Look for the word "then" in the material below. Copy each line that has it.

- Information supplied:
=== Begin Enclosure ===
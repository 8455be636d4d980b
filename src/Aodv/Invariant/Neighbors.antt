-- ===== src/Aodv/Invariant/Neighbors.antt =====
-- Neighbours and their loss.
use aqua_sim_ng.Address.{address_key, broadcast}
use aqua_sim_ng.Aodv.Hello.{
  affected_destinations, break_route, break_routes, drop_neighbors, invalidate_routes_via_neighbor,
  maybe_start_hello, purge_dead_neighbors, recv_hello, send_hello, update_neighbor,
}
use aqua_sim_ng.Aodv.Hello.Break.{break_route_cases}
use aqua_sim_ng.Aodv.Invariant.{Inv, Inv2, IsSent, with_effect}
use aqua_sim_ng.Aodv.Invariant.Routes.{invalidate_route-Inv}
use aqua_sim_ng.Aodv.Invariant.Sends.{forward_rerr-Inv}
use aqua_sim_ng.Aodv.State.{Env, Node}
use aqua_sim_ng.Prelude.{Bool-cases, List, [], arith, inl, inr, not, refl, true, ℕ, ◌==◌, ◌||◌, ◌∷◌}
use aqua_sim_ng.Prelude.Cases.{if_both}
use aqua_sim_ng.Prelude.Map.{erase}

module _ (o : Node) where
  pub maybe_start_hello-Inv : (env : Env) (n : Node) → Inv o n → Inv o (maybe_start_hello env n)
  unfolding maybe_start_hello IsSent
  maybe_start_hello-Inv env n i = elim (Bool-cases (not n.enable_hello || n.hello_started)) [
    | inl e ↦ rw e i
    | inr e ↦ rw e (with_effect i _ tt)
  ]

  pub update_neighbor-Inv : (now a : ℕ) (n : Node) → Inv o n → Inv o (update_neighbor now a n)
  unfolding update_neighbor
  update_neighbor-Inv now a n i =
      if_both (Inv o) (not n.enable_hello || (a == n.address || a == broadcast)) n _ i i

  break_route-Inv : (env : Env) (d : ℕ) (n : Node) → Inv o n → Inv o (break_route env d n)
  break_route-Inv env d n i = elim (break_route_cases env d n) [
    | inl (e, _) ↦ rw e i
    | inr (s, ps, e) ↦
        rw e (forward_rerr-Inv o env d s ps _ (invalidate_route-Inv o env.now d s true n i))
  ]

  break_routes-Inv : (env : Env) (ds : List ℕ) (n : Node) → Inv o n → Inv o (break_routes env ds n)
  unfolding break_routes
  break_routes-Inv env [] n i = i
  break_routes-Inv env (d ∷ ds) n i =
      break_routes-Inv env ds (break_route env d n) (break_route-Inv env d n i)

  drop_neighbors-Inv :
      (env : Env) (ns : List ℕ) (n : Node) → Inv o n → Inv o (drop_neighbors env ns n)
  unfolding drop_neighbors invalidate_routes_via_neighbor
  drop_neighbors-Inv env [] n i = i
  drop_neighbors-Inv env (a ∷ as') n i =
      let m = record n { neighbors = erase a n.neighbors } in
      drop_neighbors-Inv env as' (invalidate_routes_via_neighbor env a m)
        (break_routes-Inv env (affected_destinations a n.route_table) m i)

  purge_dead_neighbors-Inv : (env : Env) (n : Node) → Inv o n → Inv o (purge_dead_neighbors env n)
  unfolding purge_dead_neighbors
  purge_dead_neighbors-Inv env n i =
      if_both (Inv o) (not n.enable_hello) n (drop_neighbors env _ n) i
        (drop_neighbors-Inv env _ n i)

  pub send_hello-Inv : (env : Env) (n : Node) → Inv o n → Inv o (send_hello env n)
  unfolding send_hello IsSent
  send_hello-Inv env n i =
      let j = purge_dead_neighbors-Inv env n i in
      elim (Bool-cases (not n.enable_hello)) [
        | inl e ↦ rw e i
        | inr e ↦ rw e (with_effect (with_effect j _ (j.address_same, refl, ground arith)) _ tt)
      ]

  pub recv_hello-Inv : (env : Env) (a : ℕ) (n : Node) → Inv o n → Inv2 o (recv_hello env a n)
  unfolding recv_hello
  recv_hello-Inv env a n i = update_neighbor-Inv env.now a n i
=== End Enclosure ===
=== Begin Enclosure ===
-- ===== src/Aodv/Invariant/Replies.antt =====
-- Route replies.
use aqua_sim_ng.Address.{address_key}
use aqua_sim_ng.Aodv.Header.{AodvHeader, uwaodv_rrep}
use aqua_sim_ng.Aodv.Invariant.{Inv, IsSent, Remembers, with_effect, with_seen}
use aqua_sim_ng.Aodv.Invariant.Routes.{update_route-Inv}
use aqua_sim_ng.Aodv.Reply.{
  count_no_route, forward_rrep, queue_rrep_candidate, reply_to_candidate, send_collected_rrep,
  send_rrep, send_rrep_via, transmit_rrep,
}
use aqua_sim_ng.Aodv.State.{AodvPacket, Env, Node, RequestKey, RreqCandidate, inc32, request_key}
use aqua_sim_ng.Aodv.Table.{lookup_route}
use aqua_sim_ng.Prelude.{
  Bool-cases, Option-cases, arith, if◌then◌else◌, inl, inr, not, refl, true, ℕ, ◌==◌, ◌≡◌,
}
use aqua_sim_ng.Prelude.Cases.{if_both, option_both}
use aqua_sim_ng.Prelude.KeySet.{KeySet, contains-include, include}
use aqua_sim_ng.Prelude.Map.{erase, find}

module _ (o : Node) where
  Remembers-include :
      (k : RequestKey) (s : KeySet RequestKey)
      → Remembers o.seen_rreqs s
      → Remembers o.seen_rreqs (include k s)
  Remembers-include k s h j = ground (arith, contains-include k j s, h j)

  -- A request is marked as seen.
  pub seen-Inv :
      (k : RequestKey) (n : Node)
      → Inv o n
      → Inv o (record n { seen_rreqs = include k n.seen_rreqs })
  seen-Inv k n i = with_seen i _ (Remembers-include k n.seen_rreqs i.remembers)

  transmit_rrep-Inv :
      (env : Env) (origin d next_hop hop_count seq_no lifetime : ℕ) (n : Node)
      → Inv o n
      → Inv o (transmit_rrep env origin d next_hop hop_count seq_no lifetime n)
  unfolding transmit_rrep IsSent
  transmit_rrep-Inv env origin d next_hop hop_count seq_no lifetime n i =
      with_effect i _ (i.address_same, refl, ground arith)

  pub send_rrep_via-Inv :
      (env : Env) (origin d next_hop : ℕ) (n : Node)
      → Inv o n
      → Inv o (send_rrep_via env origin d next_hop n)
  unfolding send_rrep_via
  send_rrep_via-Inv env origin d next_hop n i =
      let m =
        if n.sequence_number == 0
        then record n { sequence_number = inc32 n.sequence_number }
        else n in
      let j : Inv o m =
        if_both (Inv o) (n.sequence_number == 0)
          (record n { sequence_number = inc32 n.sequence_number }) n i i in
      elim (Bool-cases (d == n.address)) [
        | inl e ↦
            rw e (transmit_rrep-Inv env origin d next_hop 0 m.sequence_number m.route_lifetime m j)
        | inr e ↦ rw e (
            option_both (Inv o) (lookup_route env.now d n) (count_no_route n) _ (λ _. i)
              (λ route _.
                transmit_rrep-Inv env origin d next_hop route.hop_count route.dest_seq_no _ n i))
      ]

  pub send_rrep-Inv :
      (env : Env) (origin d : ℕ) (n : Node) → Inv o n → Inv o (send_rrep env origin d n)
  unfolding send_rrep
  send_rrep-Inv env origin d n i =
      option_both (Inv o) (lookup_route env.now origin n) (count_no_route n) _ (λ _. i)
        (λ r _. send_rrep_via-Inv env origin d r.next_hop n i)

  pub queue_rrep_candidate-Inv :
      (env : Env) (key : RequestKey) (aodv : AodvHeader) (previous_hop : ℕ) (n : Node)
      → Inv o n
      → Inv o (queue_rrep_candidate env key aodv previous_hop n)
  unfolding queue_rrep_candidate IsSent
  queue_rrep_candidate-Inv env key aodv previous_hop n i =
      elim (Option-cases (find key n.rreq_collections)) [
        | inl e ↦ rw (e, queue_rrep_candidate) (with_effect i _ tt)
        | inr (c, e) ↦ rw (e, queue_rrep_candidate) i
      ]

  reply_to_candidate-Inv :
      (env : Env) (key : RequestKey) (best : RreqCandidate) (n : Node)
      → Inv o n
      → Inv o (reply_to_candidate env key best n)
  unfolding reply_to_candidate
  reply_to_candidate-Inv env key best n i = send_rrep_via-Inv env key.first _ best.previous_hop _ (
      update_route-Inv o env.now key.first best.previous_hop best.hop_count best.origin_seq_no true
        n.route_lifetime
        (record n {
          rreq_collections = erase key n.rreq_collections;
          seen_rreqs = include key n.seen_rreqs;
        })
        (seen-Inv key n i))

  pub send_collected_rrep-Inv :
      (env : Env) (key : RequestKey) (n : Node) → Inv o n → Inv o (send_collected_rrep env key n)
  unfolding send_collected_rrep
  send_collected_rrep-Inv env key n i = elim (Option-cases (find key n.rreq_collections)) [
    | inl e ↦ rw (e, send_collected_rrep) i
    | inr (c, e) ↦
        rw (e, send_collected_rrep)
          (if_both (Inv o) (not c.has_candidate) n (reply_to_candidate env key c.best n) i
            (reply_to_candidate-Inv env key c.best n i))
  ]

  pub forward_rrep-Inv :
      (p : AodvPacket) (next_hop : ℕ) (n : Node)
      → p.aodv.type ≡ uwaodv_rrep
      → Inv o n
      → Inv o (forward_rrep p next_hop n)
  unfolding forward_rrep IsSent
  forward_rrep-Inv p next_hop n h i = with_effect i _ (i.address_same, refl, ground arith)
=== End Enclosure ===
- Exercise answer:
  Bool-cases, Option-cases, arith, if◌then◌else◌, inl, inr, not, refl, true, ℕ, ◌==◌, ◌≡◌,
        then record n { sequence_number = inc32 n.sequence_number }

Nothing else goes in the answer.